The growth of cannabis and hemp products is expected to rise as they gain increasing consumer and regulatory acceptance. The health benefits associated with marijuana plant extract cannabidiol may also drive the growth. A Canadian Research Institute of the McGill University Health Centre (MUHC) and McGill University study pinpointed the effective dose of marijuana plant extract cannabidiol (CBD) for safe pain relief without the typical “high” or euphoria produced by the THC, further underlining the compound’s potential in offering relief to chronic pain sufferers. 

These researchers similarly noted some difficulties in working with cannabis due to the variable content level of THC. “Several companies are working on CBD, trying to create new CBD formulations that can be patented. Many companies are also attempting to create products with 100 percent of pure cannabidiol without any THC, but the extraction is still a challenge since cannabis plants (sativa and indica) produce a percentage of THC and a percentage of CBD, with a very variable content,” Danilo De Gregorio, a Post-Doctoral Fellow at McGill University told NutritionInsight at the time.

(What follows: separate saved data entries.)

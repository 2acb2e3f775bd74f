-- ===== src/Llm/Tests.antt =====
-- The language model pipeline on small inputs.
use prolog_forge.Prelude.{
  inl, list_beq, map_values, sort_by, insert_sorted, set_insert, arith, ◌↔◌, ◌+◌, ◌≤◌, [], ◌∷◌,
  true, false, ◌≡◌, refl, nat_eq, list_eq, map_get, bytes, length, elem, ok, err,
}
use prolog_forge.Graph.Fact.{fact_beq, layer_beq, Fact, fact_eq, observed_fact}
use prolog_forge.Graph.Store.{flatten, GraphStore, all_facts}
use prolog_forge.Llm.Context.{
  k_hop, is_trusted, hop_loop, facts_out, go_on, visit_ids, visit_facts, visit_fact, take_fact,
  and_then, note_ids, note_id, fact_le,
}
use prolog_forge.Llm.Context.Linked.{IsAround}
use prolog_forge.Llm.Context.Bounded.{k_hop_bound, k_hop_zero}
use prolog_forge.Llm.Context.Exact.{k_hop_exact}
use prolog_forge.Llm.Provider.{LlmResponse, unavailable, Provider, Hasher, get}
use prolog_forge.Llm.Propose.{ProposeRequest, Reader, fetch, request_of, settle_read, propose}
use prolog_forge.Llm.Propose.Grounded.{Meets, propose-Meets}
use prolog_forge.Llm.Propose.Cached.{propose_cached}
use prolog_forge.Llm.Refine.{RefineRequest, refine, rounds_cap}
use prolog_forge.Llm.Refine.Rounds.{ResultEnds, refine_rounds}

abbrev graph : GraphStore
graph = record {
  arities = (bytes "function", 2) ∷ [];
  buckets =
      (bytes "function", observed_fact (bytes "function") (bytes "id_a" ∷ bytes "a" ∷ []) ∷ [])
      ∷ [];
}

abbrev hash : Hasher
hash provider system user schema tokens temperature = length user + tokens

abbrev read : Reader
read text = ok (
    record { predicate = bytes "pure"; args = bytes "id_a" ∷ []; justification = text }
    ∷ record { predicate = bytes "pure"; args = bytes "id_x" ∷ []; justification = text }
    ∷ [])

abbrev provider : Provider
provider = record {
  name = bytes "mock";
  complete = λ req.
      ok (record { text = bytes "t"; tokens_in = 1; tokens_out = 1; provider = bytes "mock" });
}

abbrev down : Provider
down = record { name = bytes "mock"; complete = λ req. err (unavailable []) }

abbrev req : ProposeRequest
req = record {
  intent = bytes "purity";
  anchor_id = bytes "id_a";
  hops = 1;
  max_facts = 8;
  max_tokens = 9;
  temperature = 0;
}

k_hop_bound_example : length (k_hop graph 2 (bytes "id_a") 1) ≤ 2
k_hop_bound_example = k_hop_bound graph 2 (bytes "id_a") 1 (omega arith)

abbrev function_a : Fact
function_a = observed_fact (bytes "function") (bytes "id_a" ∷ bytes "a" ∷ [])

k_hop_zero_example : length (k_hop graph 0 (bytes "id_a") 1) ≡ 1
unfolding all_facts flatten map_values is_trusted elem list_beq observed_fact
k_hop_zero_example = k_hop_zero graph (bytes "id_a") 1 function_a (inl refl) refl refl

selected : length (k_hop graph 8 (bytes "id_a") 1) ≡ 1
unfolding k_hop is_trusted hop_loop facts_out go_on visit_ids visit_facts visit_fact take_fact
    and_then note_ids note_id fact_le all_facts flatten map_values sort_by insert_sorted elem
    list_beq set_insert observed_fact fact_beq layer_beq
selected = refl

k_hop_exact_example :
    (elem function_a (k_hop graph 8 (bytes "id_a") 1) ≡ true)
    ↔ IsAround graph (bytes "id_a") 1 function_a
k_hop_exact_example = k_hop_exact graph 8 (bytes "id_a") 1 function_a (omega (arith, selected))

propose-Meets_example :
    Meets graph
      (propose hash read provider req graph []).0
      (propose hash read provider req graph []).1.0
propose-Meets_example = propose-Meets hash read provider req graph []

refine_req : RefineRequest
refine_req = record {
  intent = bytes "purity";
  anchor_id = bytes "id_a";
  hops = 1;
  max_facts = 8;
  max_rounds = 2;
  max_tokens = 9;
  temperature = 0;
  prior_outcomes = [];
  prior_diagnostics = [];
}

refine_rounds_example :
    ResultEnds (rounds_cap refine_req.max_rounds) (refine hash read provider refine_req graph [])
refine_rounds_example = refine_rounds hash read provider refine_req graph []

abbrev raw : LlmResponse
raw = record { text = bytes "t"; tokens_in = 1; tokens_out = 1; provider = bytes "mock" }

propose_cached_example :
    let kept = (fetch hash provider (request_of req graph) []).1 in
    let answer = settle_read raw true (read raw.text) graph in
    propose hash read down req graph kept ≡ (answer.0, (answer.1, kept))
unfolding fetch get map_get
propose_cached_example =
    propose_cached hash read provider down req req graph graph [] raw false refl refl refl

Regarding recent market launches, House of Saka has launched a line of cannabis-infused, alcohol-removed wines from Napa Valley. The wines will be available in over 600 stores throughout California and Nevada starting mid-2019, before expanding nationwide and globally. The company is launching a Sparkling Brut Rosé and a still Rosé wine, both infused with a proprietary formulation of tasteless, odorless water-soluble ratio of THC and CBD derived from organic craft cannabis, according to Saka Wines.